* Data for this exercise:
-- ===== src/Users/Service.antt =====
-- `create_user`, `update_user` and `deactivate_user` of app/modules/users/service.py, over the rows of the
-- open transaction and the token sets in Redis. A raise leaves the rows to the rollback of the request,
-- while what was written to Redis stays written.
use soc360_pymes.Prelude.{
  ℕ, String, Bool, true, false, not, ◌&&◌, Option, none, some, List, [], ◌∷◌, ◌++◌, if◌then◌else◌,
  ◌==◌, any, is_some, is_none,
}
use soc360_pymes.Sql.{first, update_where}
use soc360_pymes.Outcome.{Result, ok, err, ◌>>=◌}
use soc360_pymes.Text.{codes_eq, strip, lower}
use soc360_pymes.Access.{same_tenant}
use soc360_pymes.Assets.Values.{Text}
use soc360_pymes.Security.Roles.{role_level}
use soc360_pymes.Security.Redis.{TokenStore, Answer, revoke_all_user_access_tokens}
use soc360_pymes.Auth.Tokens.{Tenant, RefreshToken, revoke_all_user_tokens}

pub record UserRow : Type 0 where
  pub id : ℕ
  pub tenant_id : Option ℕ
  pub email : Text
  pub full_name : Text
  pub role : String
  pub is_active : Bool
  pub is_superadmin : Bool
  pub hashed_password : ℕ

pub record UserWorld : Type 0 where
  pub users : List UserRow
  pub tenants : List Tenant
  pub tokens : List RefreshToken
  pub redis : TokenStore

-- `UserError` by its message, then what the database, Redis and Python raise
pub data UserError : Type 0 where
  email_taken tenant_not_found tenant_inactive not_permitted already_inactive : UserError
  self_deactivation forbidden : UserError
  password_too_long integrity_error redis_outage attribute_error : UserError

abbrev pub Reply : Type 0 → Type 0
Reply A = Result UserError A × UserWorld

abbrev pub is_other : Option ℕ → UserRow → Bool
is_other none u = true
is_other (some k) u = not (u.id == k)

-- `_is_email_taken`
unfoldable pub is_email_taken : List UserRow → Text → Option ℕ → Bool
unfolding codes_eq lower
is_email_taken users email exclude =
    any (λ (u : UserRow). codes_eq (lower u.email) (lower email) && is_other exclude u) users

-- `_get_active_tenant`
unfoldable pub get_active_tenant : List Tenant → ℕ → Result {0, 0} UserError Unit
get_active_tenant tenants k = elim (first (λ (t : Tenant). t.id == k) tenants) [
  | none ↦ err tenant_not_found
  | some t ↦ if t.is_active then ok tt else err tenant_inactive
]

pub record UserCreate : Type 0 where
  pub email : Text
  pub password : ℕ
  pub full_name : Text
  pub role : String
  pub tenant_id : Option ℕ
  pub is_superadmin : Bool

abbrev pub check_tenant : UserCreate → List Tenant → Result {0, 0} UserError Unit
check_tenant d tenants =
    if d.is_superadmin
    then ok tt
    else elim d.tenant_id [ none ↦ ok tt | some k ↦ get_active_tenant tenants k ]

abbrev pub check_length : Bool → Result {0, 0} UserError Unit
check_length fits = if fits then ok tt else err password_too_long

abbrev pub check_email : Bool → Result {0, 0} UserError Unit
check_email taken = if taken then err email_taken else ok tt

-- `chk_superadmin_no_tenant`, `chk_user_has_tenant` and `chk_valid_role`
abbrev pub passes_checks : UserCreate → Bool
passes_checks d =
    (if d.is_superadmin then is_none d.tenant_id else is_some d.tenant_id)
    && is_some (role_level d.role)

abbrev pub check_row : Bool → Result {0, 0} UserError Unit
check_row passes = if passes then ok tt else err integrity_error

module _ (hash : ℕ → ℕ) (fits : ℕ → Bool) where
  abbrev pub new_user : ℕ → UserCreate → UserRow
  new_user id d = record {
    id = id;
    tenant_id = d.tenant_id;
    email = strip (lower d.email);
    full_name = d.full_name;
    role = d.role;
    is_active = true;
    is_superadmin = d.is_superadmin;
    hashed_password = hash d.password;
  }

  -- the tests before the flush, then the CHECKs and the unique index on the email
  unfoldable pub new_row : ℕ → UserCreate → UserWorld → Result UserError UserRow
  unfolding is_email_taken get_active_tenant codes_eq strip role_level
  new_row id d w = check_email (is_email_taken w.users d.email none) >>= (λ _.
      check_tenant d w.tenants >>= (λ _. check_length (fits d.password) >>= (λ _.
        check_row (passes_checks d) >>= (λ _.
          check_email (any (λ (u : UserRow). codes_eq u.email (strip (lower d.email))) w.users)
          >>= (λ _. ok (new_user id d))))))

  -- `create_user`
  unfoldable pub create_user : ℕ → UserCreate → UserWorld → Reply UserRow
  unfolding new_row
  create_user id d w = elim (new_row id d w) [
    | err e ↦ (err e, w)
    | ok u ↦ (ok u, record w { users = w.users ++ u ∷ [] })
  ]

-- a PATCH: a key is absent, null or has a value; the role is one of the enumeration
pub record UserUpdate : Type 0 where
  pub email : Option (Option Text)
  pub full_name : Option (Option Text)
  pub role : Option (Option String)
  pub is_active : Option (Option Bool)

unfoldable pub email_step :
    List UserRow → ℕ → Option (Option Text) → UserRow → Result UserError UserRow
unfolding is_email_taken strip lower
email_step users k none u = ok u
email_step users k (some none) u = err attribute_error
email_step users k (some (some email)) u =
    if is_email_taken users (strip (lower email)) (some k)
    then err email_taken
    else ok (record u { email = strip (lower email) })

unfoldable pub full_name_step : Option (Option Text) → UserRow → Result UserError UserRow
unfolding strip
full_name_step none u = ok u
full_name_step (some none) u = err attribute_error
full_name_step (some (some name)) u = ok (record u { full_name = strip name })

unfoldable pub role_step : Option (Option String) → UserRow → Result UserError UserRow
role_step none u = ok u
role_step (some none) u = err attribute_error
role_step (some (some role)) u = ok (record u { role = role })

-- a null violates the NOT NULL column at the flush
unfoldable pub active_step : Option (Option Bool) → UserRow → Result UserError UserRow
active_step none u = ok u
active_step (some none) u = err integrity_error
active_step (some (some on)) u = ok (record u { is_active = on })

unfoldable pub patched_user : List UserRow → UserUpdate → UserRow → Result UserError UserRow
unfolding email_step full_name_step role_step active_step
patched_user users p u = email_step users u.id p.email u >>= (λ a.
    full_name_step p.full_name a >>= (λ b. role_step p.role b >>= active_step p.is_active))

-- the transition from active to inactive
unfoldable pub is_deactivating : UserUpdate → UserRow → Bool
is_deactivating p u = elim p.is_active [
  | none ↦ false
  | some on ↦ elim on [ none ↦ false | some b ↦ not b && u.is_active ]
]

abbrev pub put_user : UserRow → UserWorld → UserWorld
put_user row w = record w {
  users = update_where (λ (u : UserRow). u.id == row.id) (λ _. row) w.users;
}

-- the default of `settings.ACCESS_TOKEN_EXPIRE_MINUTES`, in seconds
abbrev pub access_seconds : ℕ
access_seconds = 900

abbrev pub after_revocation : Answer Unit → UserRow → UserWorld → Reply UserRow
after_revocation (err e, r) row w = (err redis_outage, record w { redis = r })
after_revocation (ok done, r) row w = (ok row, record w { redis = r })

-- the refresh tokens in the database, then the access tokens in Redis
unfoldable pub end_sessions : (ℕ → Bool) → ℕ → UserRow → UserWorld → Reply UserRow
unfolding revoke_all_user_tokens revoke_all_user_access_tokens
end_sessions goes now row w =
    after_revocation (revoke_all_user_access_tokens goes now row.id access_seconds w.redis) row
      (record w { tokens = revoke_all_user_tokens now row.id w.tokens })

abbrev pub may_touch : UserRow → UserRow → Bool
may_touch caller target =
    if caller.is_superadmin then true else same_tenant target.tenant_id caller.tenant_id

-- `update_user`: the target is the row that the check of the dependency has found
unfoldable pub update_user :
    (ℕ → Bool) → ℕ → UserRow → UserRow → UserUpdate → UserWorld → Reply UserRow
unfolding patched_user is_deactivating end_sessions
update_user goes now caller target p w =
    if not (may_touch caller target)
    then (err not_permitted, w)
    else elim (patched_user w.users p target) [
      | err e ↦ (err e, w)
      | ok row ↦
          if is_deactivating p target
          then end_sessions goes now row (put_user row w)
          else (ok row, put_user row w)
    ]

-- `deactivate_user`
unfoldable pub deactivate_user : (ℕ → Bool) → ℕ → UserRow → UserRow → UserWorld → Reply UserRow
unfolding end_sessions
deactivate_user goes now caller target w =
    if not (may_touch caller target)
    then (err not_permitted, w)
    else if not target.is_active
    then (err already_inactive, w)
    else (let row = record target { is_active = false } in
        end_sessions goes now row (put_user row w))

* Brief: Repeat word for word the lines above that run from the line containing "put_user row w = record" through the line containing "after_revocation (ok done, r)", both ends included, and nothing else.

* Answer for the task:
put_user row w = record w {
  users = update_where (λ (u : UserRow). u.id == row.id) (λ _. row) w.users;
}

-- the default of `settings.ACCESS_TOKEN_EXPIRE_MINUTES`, in seconds
abbrev pub access_seconds : ℕ
access_seconds = 900

abbrev pub after_revocation : Answer Unit → UserRow → UserWorld → Reply UserRow
after_revocation (err e, r) row w = (err redis_outage, record w { redis = r })
after_revocation (ok done, r) row w = (ok row, record w { redis = r })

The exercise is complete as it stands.